One thing all trainers, instructors, and riders appreciate is that riding is one sport that demands continuous improvement. It also requires precision and an ability to use one’s body to convey messages to the horse. Being an equestrian demands years of striving toward perfection.
For those who teach people with serious challenges, there are different types of techniques employed to move the horse through its paces, and the rider strives towards perfection of small seemingly simple accomplishments like holding the reigns in their hands. For these students, however, they are achieving their personal best every time they mount the horse.
No one understands the mystery and the magic of bonding with horses more than Temple Grandin. A doctor in animal science and an expert on autism from the inside out, Dr. Grandin was born into a family that had the foresight to enrich her early life with educational and social opportunities that allowed her to reach her full potential. And standing beside her as she dealt with her struggles and many challenges were animals, more specifically horses. Grandin has traveled the world educating the masses both in the medical and veterinary fields on the relationship between horses and people with cognitive impairments. Riding isn’t an inexpensive sport. But the lifelong benefits it bestows to the rider are priceless.
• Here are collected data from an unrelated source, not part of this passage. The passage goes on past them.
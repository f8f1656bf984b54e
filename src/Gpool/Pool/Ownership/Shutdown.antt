-- ===== src/Gpool/Pool/Ownership/Shutdown.antt =====
-- Closing connections and closing the pool keep track of every connection.
use lgobase.Base.{
  ℕ, zero, suc, ◌+◌, ◌≡◌, refl, ap, subst, List, [], ◌∷◌, Option, some, arith, length, get_elem?,
  modify, count, count-append, if_cases, true, false,
}
use lgobase.Gpool.IdleQueue.{pop}
use lgobase.Gpool.IdleQueue.Ring.{Holds, pop-Holds}
use lgobase.Gpool.Pool.{Gpool, Error, ConnState, closing, set_state}
use lgobase.Gpool.Pool.Locked.{deliver, close_end}
use lgobase.Gpool.Pool.Shutdown.{
  closed_result, wake_all, close_popped, drain_idle, close_list, close_pool, close_idle_one,
}
use lgobase.Gpool.Pool.Ownership.{Owns, is_idle, is_closing, is_idle_inv, is_closing_inv}
use lgobase.Gpool.Pool.Ownership.Transfer.{Held-Transfer, Owns-same}
use lgobase.Gpool.Pool.Ownership.Borrow.{Tracks, dispatch-Owns, finish_close-Owns}

-- A goroutine has closed connection `c`.
closed-Owns :
    (gp gp' : Gpool) (c : ℕ) (closers : ℕ → ℕ)
    → Owns gp (λ j. count j (c ∷ []) + closers j)
    → gp'.conns ≡ modify gp.conns c (set_state ConnState.closed)
    → gp'.idle ≡ gp.idle
    → gp'.in_use ≡ gp.in_use
    → Owns gp' closers
closed-Owns gp gp' c closers o e i n =
    let (pc, held, s) =
      is_closing_inv (get_elem? gp.conns c) (ground (arith, o.1.closing_once c)) in
    (
      o.0,
      Held-Transfer gp gp' _ closers o.0 o.0 c pc (set_state ConnState.closed) o.1 (record {
        held = held;
        conns_is = e;
        holds = rw i o.1.holds;
        idle_here = ground (arith, o.1.idle_once c, ap is_idle held);
        idle_there = λ j ne. refl;
        closing_here = ground (arith, o.1.closing_once c, ap is_closing held);
        closing_there = λ j ne. ground arith;
        in_use_is = ground arith;
      }),
    )

pub close_end-Owns :
    (gp : Gpool) (c : ℕ) (err : Option Error) (closers : ℕ → ℕ)
    → Owns gp (λ j. count j (c ∷ []) + closers j)
    → Owns (close_end gp c err) closers
unfolding close_end
close_end-Owns gp c err closers o =
    if_cases (λ g. Owns g closers) gp.closed
      (λ shut.
        finish_close-Owns _ closers closers (λ j. refl)
          (closed-Owns gp _ c closers o refl refl refl))
      (λ running.
        dispatch-Owns _ closers closers (λ j. refl) (closed-Owns gp _ c closers o refl refl refl))

pub close_idle_one-Owns :
    (gp : Gpool) (c : ℕ) (err : Option Error) (closers : ℕ → ℕ)
    → Owns gp (λ j. count j (c ∷ []) + closers j)
    → Owns (close_idle_one gp c err) closers
unfolding close_idle_one
close_idle_one-Owns gp c err closers o =
    finish_close-Owns _ closers closers (λ j. refl) (closed-Owns gp _ c closers o refl refl refl)

wake_all-Owns :
    (ws : List ℕ) (gp : Gpool) (closers : ℕ → ℕ) → Owns gp closers → Owns (wake_all ws gp) closers
unfolding wake_all deliver
wake_all-Owns [] gp closers o = o
wake_all-Owns (w ∷ ws) gp closers o =
    wake_all-Owns ws (deliver (record gp { waiters = ws }) w closed_result) closers
      (Owns-same gp _ closers closers o refl refl refl (λ j. refl))

drain_idle-Owns :
    (n : ℕ) (gp : Gpool) (cs : List ℕ) (ring : List ℕ) (closers : ℕ → ℕ)
    (o : Owns gp (λ j. count j cs + closers j))
    → o.0 ≡ ring
    → gp.idle.size ≡ n
    → let r = drain_idle n gp cs in Owns r.0 (λ j. count j r.1 + closers j) × (r.2 ≡ false)
unfolding drain_idle
drain_idle-Owns zero gp cs ring closers o e s = (o, refl)
drain_idle-Owns (suc n) gp cs [] closers o e s =
    absurd (omega (arith, o.1.holds.size_is, ap (length {0}) e))
drain_idle-Owns (suc n) gp cs (c ∷ ring) closers o e s =
    let h = subst (Holds gp.idle) e o.1.holds in
    let (popped, p) = pop-Holds gp.idle c ring h in
    let split = λ (j : ℕ). ap (count j) e in
    let (pc, held, st) =
      is_idle_inv (get_elem? gp.conns c) (ground (arith, o.1.idle_once c, split c)) in
    let next = close_popped (record gp { idle = (pop gp.idle).0 }) (some c) cs in
    let left : next.0.idle.size ≡ n =
      unfold close_popped in omega (arith, popped.size_is, h.size_is) in
    let one : Owns next.0 (λ j. count j next.1 + closers j) =
      unfold close_popped in
      (
        ring,
        Held-Transfer gp _ _ _ o.0 ring c pc (set_state closing) o.1 (record {
          held = held;
          conns_is = refl;
          holds = popped;
          idle_here = ground (arith, o.1.idle_once c, split c, ap is_idle held);
          idle_there = λ j ne. ground (arith, split j);
          closing_here =
              ground (arith, o.1.closing_once c, ap is_closing held, count-append c cs (c ∷ []));
          closing_there = λ j ne. ground (arith, count-append j cs (c ∷ []));
          in_use_is = ground arith;
        }),
      ) in
    rw (p, drain_idle, close_popped) (drain_idle-Owns n next.0 next.1 ring closers one refl left)

-- The pops of `Close` find what they take.
pub drain_idle-whole :
    (gp : Gpool) (closers : ℕ → ℕ)
    → Owns gp closers
    → let awake = wake_all gp.waiters (record gp { closed = true }) in
      let r = drain_idle awake.idle.size awake [] in
      Owns r.0 (λ j. count j r.1 + closers j) × (r.2 ≡ false)
drain_idle-whole gp closers o =
    let shut = record gp { closed = true } in
    let awake = wake_all gp.waiters shut in
    let woken =
      wake_all-Owns gp.waiters shut closers
        (Owns-same gp shut closers closers o refl refl refl (λ j. refl)) in
    let ready =
      Owns-same awake awake closers (λ j. 0 + closers j) woken refl refl refl (λ j. omega arith) in
    drain_idle-Owns awake.idle.size awake [] ready.0 closers ready refl refl

pub close_pool-Tracks :
    (gp : Gpool) (closers : ℕ → ℕ) → Owns gp closers → Tracks closers (close_pool gp)
unfolding close_pool close_list
close_pool-Tracks gp closers o =
    if_cases (Tracks closers) gp.closed
      (λ shut. Owns-same gp gp closers _ o refl refl refl (λ j. omega arith))
      (λ running.
        let (drained, whole) = drain_idle-whole gp closers o in
        rw whole (finish_close-Owns _ _ _ (λ j. refl) drained))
As Craig and I discussed her program, the mention of Copper and how extremely important he was to the students was a theme she returned to with a tear in her eye. On her Seahorse Farms website she wrote: “Copper is the reason Helping Hands and Hooves happened. This horse was a saint of a creature who was loved by everyone … he became a top-notch lesson horse … he visited the first-grade class each June so they could learn about the kindness of a horse. He gave pony rides each summer at the town fair. He gave many people their first horse ride, and one woman who was dying of cancer, her last. He became our therapeutic riding horse when we started HHH. Many students would only do their physical therapy if they were on Copper. He took students to the Special Olympic Trials, where they went on to win gold medals. Copper gave his students wings and his heart.”
Copper is buried in a nearby field, a space donated by one of Craig’s neighbors, so that he could remain forever physically close to Craig and her family while resting peacefully in his family’s heart. With Teddy taking over the role Copper once so proudly held, Craig will continue the work she feels she was meant to be doing – showing the eager special student how high they can fly on the back of a horse.